Starring: John Cusack, Samuel L Jackson,
Mary McCormack
Director: Mikael Hafstrom
Scheduled release: Now showing
You do not have to read the original short story 1408 (part of the longer anthology, Everything’s Eventual: 14 Dark Tales), to know that the central idea comes from author Stephen King. In fact, one may assume that the movie was pitched in production meetings as ‘The Shining in New York’. And while it’s true this cinematic take on 1408 recycles a great many narrative strings tied to King’s overall body of work, it somehow modifies them into a surprisingly fresh, tight and effective thriller.
Renowned travel writer Mike Enslin (John Cusack), like most characters in King’s oeuvre, is haunted by his own demons.

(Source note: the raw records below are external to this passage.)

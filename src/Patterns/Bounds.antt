-- ===== src/Patterns/Bounds.antt =====
-- The targets of groups/calculator.py against the limits of the group.
use jebao_flow_engine.Base.{◌≤◌, ◌≡◌, true}
use jebao_flow_engine.Base.Dict.{Dict}
use jebao_flow_engine.Base.Result.{ok, >>=-eq-ok}
use jebao_flow_engine.Floats.{Floats, FloatLaws, divide}
use jebao_flow_engine.Groups.{
  GroupConfig, GroupRuntime, PatternKind, constant, sync, anti_phase, lagoon, reef_crest, gyre,
  tidal_swell, nutrient_transport,
}
use jebao_flow_engine.Patterns.Calculator.{is_supported, calculate_kind, calculate}
use jebao_flow_engine.Patterns.Shared.{
  or_default, is_group_enabled, effective_limits, effective_ceiling, cycle_fraction,
}
use jebao_flow_engine.Patterns.Fixed.{
  constant_pattern, sync_pattern, anti_phase_pattern, gyre_pattern,
}
use jebao_flow_engine.Patterns.Waves.{
  tidal_intensity, tidal_swell_pattern, nutrient_transport_pattern,
}
use jebao_flow_engine.Patterns.Randomized.{lagoon_pattern, reef_crest_pattern}
use jebao_flow_engine.Protocol.Models.{DeviceTarget}
use jebao_flow_engine.Safety.{PowerLimits}
use jebao_flow_engine.Patterns.Targets.{AllWithin, Covers, IsBounded, for_members-eq_ok}
use jebao_flow_engine.Patterns.Returns.{HasCycles, calculate_kind-Returns, effective_limits-eq_ok}

module _ (F : Floats) (L : FloatLaws F) where
  open F use {Float, sub}

  calculate_kind-eq_ok :
      (kind : PatternKind) (timestamp : Float) (group : GroupConfig Float)
      (runtime : GroupRuntime Float) (limits : PowerLimits) (targets : Dict DeviceTarget)
      → effective_limits F group runtime ≡ ok limits
      → limits.min_power ≤ limits.max_power
      → limits.max_power ≤ 100
      → calculate_kind F kind timestamp group runtime ≡ ok targets
      → AllWithin (is_group_enabled F group runtime) limits targets × Covers group.members targets
  unfolding calculate_kind constant_pattern sync_pattern anti_phase_pattern lagoon_pattern
      reef_crest_pattern gyre_pattern tidal_swell_pattern nutrient_transport_pattern
  calculate_kind-eq_ok constant timestamp group runtime limits targets e h hi run =
      for_members-eq_ok F L _ limits _ group.members targets h hi (rw e at run)
  calculate_kind-eq_ok sync timestamp group runtime limits targets e h hi run =
      let (_, _, h1) = >>=-eq-ok (cycle_fraction F timestamp runtime _ _) _ (rw e at run) in
      for_members-eq_ok F L _ limits _ group.members targets h hi h1
  calculate_kind-eq_ok anti_phase timestamp group runtime limits targets e h hi run =
      for_members-eq_ok F L _ limits _ group.members targets h hi (rw e at run)
  calculate_kind-eq_ok gyre timestamp group runtime limits targets e h hi run =
      let (_, _, h1) = >>=-eq-ok (effective_ceiling F group runtime limits) _ (rw e at run) in
      for_members-eq_ok F L _ limits _ group.members targets h hi h1
  calculate_kind-eq_ok lagoon timestamp group runtime limits targets e h hi run =
      let (_, _, h1) = >>=-eq-ok (effective_ceiling F group runtime limits) _ (rw e at run) in
      let (cycles, _, h2) = >>=-eq-ok (divide F _ _) _ h1 in
      let (_, _, h3) = >>=-eq-ok (F.floor cycles) _ h2 in
      for_members-eq_ok F L _ limits _ group.members targets h hi h3
  calculate_kind-eq_ok reef_crest timestamp group runtime limits targets e h hi run =
      let (_, _, h1) = >>=-eq-ok (effective_ceiling F group runtime limits) _ (rw e at run) in
      let (cycles, _, h2) = >>=-eq-ok (divide F _ _) _ h1 in
      let (_, _, h3) = >>=-eq-ok (F.floor cycles) _ h2 in
      for_members-eq_ok F L _ limits _ group.members targets h hi h3
  calculate_kind-eq_ok tidal_swell timestamp group runtime limits targets e h hi run =
      let (_, _, h1) = >>=-eq-ok (effective_ceiling F group runtime limits) _ (rw e at run) in
      let (cycles, _, h2) = >>=-eq-ok (divide F _ _) _ h1 in
      let (_, _, h3) = >>=-eq-ok (F.floor cycles) _ h2 in
      let (_, _, h4) = >>=-eq-ok (tidal_intensity F _) _ h3 in
      for_members-eq_ok F L _ limits _ group.members targets h hi h4
  calculate_kind-eq_ok nutrient_transport timestamp group runtime limits targets e h hi run =
      let (_, _, h1) = >>=-eq-ok (effective_ceiling F group runtime limits) _ (rw e at run) in
      let (cycles, _, h2) = >>=-eq-ok (divide F _ _) _ h1 in
      for_members-eq_ok F L _ limits _ group.members targets h hi h2
  calculate_kind-eq_ok _ timestamp group runtime limits targets e h hi run = cc

  -- For a group whose effective limits are valid, whose effective pattern is supported, whose effective period is not 0 and
  -- whose number of periods up to the time is finite, `calculate` returns a target for each member of the group, whatever
  -- the gains and phases are. Each target it returns is disabled with power 0, or enabled with a power between the
  -- effective limits; it is disabled where the group is.
  pub calculate-IsBounded :
      (timestamp : Float) (group : GroupConfig Float) (runtime : GroupRuntime Float)
      (limits : PowerLimits)
      → is_supported (or_default group.default.pattern runtime.pattern) ≡ true
      → effective_limits F group runtime ≡ ok limits
      → HasCycles F timestamp group runtime
      → IsBounded
          (is_group_enabled F group runtime)
          limits
          group.members
          (calculate F timestamp group runtime)
  unfolding calculate IsBounded
  calculate-IsBounded timestamp group runtime limits s e runs =
      let kind = or_default group.default.pattern runtime.pattern in
      let (h, hi) = effective_limits-eq_ok F L group runtime limits e in
      let (targets, done) =
        calculate_kind-Returns F L kind timestamp group runtime limits s e runs h hi in
      let (within, covered) =
        calculate_kind-eq_ok kind timestamp group runtime limits targets e h hi done in
      (targets, done, within, covered)

  calculate_kind-limits :
      (kind : PatternKind) (timestamp : Float) (group : GroupConfig Float)
      (runtime : GroupRuntime Float) (targets : Dict DeviceTarget)
      → calculate_kind F kind timestamp group runtime ≡ ok targets
      → (limits : PowerLimits) × (effective_limits F group runtime ≡ ok limits)
  unfolding calculate_kind constant_pattern sync_pattern anti_phase_pattern lagoon_pattern
      reef_crest_pattern gyre_pattern tidal_swell_pattern nutrient_transport_pattern
  calculate_kind-limits constant timestamp group runtime targets h =
      let (limits, e, _) = >>=-eq-ok (effective_limits F group runtime) _ h in (limits, e)
  calculate_kind-limits sync timestamp group runtime targets h =
      let (limits, e, _) = >>=-eq-ok (effective_limits F group runtime) _ h in (limits, e)
  calculate_kind-limits anti_phase timestamp group runtime targets h =
      let (limits, e, _) = >>=-eq-ok (effective_limits F group runtime) _ h in (limits, e)
  calculate_kind-limits gyre timestamp group runtime targets h =
      let (limits, e, _) = >>=-eq-ok (effective_limits F group runtime) _ h in (limits, e)
  calculate_kind-limits lagoon timestamp group runtime targets h =
      let (limits, e, _) = >>=-eq-ok (effective_limits F group runtime) _ h in (limits, e)
  calculate_kind-limits reef_crest timestamp group runtime targets h =
      let (limits, e, _) = >>=-eq-ok (effective_limits F group runtime) _ h in (limits, e)
  calculate_kind-limits tidal_swell timestamp group runtime targets h =
      let (limits, e, _) = >>=-eq-ok (effective_limits F group runtime) _ h in (limits, e)
  calculate_kind-limits nutrient_transport timestamp group runtime targets h =
      let (limits, e, _) = >>=-eq-ok (effective_limits F group runtime) _ h in (limits, e)
  calculate_kind-limits _ timestamp group runtime targets h = cc

  -- What `calculate` returns, when it returns, for whatever pattern.
  pub calculate-eq_ok :
      (timestamp : Float) (group : GroupConfig Float) (runtime : GroupRuntime Float)
      (targets : Dict DeviceTarget)
      → calculate F timestamp group runtime ≡ ok targets
      → (limits : PowerLimits) × AllWithin (is_group_enabled F group runtime) limits targets
        × Covers group.members targets
  unfolding calculate
  calculate-eq_ok timestamp group runtime targets run =
      let kind = or_default group.default.pattern runtime.pattern in
      let (limits, e) = calculate_kind-limits kind timestamp group runtime targets run in
      let (h, hi) = effective_limits-eq_ok F L group runtime limits e in
      let (within, covered) =
        calculate_kind-eq_ok kind timestamp group runtime limits targets e h hi run in
      (limits, within, covered)
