-- ===== src/Patterns/Interface.antt =====
-- What the service needs of groups/calculator.py: its two operations and what they promise.
use jebao_flow_engine.Base.{◌≡◌, Bool, true}
use jebao_flow_engine.Base.Dict.{Dict}
use jebao_flow_engine.Base.Result.{Result, ok}
use jebao_flow_engine.Floats.{Floats, FloatLaws}
use jebao_flow_engine.Groups.{GroupConfig, GroupRuntime, PatternKind}
use jebao_flow_engine.Patterns.Bounds.{calculate-IsBounded, calculate-eq_ok}
use jebao_flow_engine.Patterns.Calculator.{is_supported, calculate}
use jebao_flow_engine.Patterns.Returns.{HasCycles}
use jebao_flow_engine.Patterns.Targets.{AllWithin, Covers, IsBounded}
use jebao_flow_engine.Patterns.Shared.{or_default, effective_limits, is_group_enabled}
use jebao_flow_engine.Protocol.Models.{DeviceTarget}
use jebao_flow_engine.Safety.{PowerLimits}

pub record Calculator (F : Floats) : Type 0 where
  pub supports : PatternKind → Bool
  pub targets : F.Float → GroupConfig F.Float → GroupRuntime F.Float → Result (Dict DeviceTarget)

pub record CalculatorLaws (F : Floats) (C : Calculator F) : Type 0 where
  pub targets-IsBounded :
      (timestamp : F.Float) (group : GroupConfig F.Float) (runtime : GroupRuntime F.Float)
      (limits : PowerLimits)
      → C.supports (or_default group.default.pattern runtime.pattern) ≡ true
      → effective_limits F group runtime ≡ ok limits
      → HasCycles F timestamp group runtime
      → IsBounded
          (is_group_enabled F group runtime)
          limits
          group.members
          (C.targets timestamp group runtime)
  pub targets-eq_ok :
      (timestamp : F.Float) (group : GroupConfig F.Float) (runtime : GroupRuntime F.Float)
      (targets : Dict DeviceTarget)
      → C.targets timestamp group runtime ≡ ok targets
      → (limits : PowerLimits) × AllWithin (is_group_enabled F group runtime) limits targets
        × Covers group.members targets

-- `PatternCalculator()`
abbrev pub pattern_calculator : (F : Floats) → Calculator F
pattern_calculator F = record { supports = is_supported; targets = calculate F }

pub pattern_calculator_laws : (F : Floats) → FloatLaws F → CalculatorLaws F (pattern_calculator F)
pattern_calculator_laws F L = record {
  targets-IsBounded = calculate-IsBounded F L;
  targets-eq_ok = calculate-eq_ok F L;
}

Hiding behind alcohol and a refined cynicism, he scours the country for legitimate haunted habitats, rating rooms on a “shiver scale”. A bed-and-breakfast with good food but moderate mood gets five skulls, in his opinion. This movie, based on Enslin’s most terrifying encounter, would receive a solid eight.
An unsigned postcard in Enslin’s mailbox simply warns him not to stay in room 1408 at New York’s Dolphin Hotel. Intrigued, the author tries to reserve the room and is rebuffed. Enslin pursues the matter, shrugging off repeated warnings by the facility’s firm manager (Samuel L Jackson in a bit part) to not enter the room. But to stay out would mean we have no movie, and so Cusack makes himself comfortable in the spacious but undoubtedly spooky hotel for a nightmare to remember.
Director Mikael Hafstrom, who last helmed the forgettable Jennifer Aniston-Clive Owen thriller Derailed, ups his visual tricks to rival King’s experienced prose. Some of 1408 deals in cheap parlour games. Clocks keep running when unplugged from their sockets, windows slam on people’s hands, and the walls crack and bleed.
But we need to discover the root of Enslin’s sadness to really connect with the man, and Hafstrom invents a number of clever ways to stage flashbacks that never seem cheap or forced. He also plays with sounds throughout the film, placing children’s voices where they don’t belong and removing sounds when tones should be deafening. It’s suitably unnerving.
1408 is gruesome and psychologically chilling, not gory and shockingly gross. The cynical Enslin is a role tailored to Cusack’s strengths. The actor has played the skeptic before, and usually maintains a detached level of disbelief in even the most mundane of situations. Enslin is a stock character, but Cusack tears down his conventions to tap into an emotional core of paranoia and fear that lends smarts to this admitted genre picture. It also helps that Cusack, much like Jack Nicholson in The Shining, holds a touch of madness behind his eyes. Ghost stories always work better when the terror affects an already haunted soul, and that description fits both Enslin and Cusack.
How has this movie, along with Hostel, Saw, and The Hills Have Eyes, become the accepted form of titillating terror in Hollywood? Movies of this ilk are abusive, demeaning, and unwatchable, and I’m dying for the current production cycle that grinds out this disgusting nonsense to end.
1408 suggests a step in the right direction. This and Vacancy, a Sony release from earlier this year, prove filmmakers can operate within the confines of an established genre and still elicit healthy scares. Shock has lost its value. The real money is in legitimate fear.